* **Task goal**
Please repeat exactly the lines below from the one containing "ground (arith, bytes_beq_iff" down to the one containing "link_id topic ≡", both included, and nothing else.

* **Supplied material**
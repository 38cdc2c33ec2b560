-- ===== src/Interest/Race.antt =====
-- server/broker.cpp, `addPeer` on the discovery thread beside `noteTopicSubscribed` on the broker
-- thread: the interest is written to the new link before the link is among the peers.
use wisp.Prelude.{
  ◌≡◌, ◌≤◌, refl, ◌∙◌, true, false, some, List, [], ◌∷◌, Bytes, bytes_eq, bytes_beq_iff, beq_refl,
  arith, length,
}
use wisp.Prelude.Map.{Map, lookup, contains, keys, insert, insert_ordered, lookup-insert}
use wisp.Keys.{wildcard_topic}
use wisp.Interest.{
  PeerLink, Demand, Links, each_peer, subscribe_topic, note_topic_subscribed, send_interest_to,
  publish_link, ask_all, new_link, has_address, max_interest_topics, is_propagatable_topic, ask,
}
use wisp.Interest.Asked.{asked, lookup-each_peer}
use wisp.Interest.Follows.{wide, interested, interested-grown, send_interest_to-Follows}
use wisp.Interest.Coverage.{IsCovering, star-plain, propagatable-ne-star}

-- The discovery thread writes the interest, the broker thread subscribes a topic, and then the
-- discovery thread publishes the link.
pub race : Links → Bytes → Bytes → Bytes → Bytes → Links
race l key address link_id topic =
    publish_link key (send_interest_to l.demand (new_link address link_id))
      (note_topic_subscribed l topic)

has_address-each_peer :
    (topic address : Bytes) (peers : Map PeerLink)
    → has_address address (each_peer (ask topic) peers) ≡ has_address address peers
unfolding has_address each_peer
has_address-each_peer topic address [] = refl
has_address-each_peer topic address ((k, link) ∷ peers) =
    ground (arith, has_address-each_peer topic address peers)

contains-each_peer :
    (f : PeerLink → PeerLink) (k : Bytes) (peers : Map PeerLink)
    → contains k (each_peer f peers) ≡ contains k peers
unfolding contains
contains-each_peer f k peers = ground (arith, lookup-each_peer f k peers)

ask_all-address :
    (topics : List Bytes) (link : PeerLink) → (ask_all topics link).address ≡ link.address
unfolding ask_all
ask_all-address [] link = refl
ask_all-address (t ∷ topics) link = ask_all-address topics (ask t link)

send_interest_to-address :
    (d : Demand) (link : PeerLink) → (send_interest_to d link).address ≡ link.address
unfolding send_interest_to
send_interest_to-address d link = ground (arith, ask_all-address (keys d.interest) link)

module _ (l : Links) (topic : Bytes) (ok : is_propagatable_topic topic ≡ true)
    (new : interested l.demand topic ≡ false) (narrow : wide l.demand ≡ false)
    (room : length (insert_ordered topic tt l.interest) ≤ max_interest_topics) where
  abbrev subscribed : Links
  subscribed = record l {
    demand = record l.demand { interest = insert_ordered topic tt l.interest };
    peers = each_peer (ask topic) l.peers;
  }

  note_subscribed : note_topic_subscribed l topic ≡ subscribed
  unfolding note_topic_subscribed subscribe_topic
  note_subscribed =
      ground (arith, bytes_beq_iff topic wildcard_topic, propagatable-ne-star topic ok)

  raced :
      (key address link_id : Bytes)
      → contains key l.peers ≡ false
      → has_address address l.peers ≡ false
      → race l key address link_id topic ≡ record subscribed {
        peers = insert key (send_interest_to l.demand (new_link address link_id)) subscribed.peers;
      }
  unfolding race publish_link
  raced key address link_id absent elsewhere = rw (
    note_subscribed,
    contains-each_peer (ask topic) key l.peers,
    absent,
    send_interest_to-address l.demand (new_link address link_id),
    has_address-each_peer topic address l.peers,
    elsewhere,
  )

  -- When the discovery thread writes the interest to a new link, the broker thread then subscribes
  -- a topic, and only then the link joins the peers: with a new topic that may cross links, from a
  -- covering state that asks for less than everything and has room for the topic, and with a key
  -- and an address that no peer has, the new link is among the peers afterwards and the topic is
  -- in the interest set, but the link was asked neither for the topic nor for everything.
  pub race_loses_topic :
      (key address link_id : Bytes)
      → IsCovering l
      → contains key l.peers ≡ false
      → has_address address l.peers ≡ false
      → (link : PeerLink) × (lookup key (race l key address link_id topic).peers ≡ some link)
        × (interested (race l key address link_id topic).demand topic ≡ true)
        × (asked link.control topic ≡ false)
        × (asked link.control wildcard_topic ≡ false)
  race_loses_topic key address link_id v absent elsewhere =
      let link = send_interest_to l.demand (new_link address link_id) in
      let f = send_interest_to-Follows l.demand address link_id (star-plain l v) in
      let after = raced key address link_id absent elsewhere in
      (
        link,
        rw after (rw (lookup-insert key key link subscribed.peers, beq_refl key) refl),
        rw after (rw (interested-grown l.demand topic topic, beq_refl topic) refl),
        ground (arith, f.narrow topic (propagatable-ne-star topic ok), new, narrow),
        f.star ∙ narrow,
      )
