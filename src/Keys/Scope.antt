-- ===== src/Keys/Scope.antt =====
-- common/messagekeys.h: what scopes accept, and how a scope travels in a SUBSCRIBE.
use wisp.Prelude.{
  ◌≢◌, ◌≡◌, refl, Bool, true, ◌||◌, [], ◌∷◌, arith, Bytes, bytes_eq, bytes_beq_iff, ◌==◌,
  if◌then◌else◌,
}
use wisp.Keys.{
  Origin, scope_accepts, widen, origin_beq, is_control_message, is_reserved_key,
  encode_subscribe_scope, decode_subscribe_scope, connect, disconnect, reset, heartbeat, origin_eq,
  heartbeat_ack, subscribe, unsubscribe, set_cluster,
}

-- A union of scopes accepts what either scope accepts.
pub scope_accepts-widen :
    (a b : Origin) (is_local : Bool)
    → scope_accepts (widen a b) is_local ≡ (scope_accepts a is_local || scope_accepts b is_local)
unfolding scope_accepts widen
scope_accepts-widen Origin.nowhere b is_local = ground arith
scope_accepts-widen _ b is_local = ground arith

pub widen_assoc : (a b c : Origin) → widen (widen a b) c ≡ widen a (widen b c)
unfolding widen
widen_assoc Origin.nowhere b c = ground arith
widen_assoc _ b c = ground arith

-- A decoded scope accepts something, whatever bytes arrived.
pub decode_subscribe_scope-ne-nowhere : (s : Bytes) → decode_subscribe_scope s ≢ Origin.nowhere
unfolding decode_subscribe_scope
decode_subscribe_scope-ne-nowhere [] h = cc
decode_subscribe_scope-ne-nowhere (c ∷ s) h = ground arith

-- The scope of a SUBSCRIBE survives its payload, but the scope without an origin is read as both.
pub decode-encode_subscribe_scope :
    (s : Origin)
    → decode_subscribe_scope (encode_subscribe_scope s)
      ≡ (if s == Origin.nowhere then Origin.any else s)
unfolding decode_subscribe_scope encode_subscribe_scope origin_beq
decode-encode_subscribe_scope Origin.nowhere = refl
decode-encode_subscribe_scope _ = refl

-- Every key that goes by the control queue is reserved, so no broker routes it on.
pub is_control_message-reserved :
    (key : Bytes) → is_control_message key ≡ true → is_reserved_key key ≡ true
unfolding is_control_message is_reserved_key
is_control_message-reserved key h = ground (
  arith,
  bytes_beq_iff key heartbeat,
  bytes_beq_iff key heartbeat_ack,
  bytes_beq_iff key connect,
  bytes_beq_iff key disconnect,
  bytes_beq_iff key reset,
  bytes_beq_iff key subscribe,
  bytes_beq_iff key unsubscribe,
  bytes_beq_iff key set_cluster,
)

* **Written solution**
      ground (arith, bytes_beq_iff topic wildcard_topic, propagatable-ne-star topic ok)

  raced :
      (key address link_id : Bytes)
      → contains key l.peers ≡ false
      → has_address address l.peers ≡ false
      → race l key address link_id topic ≡ record subscribed {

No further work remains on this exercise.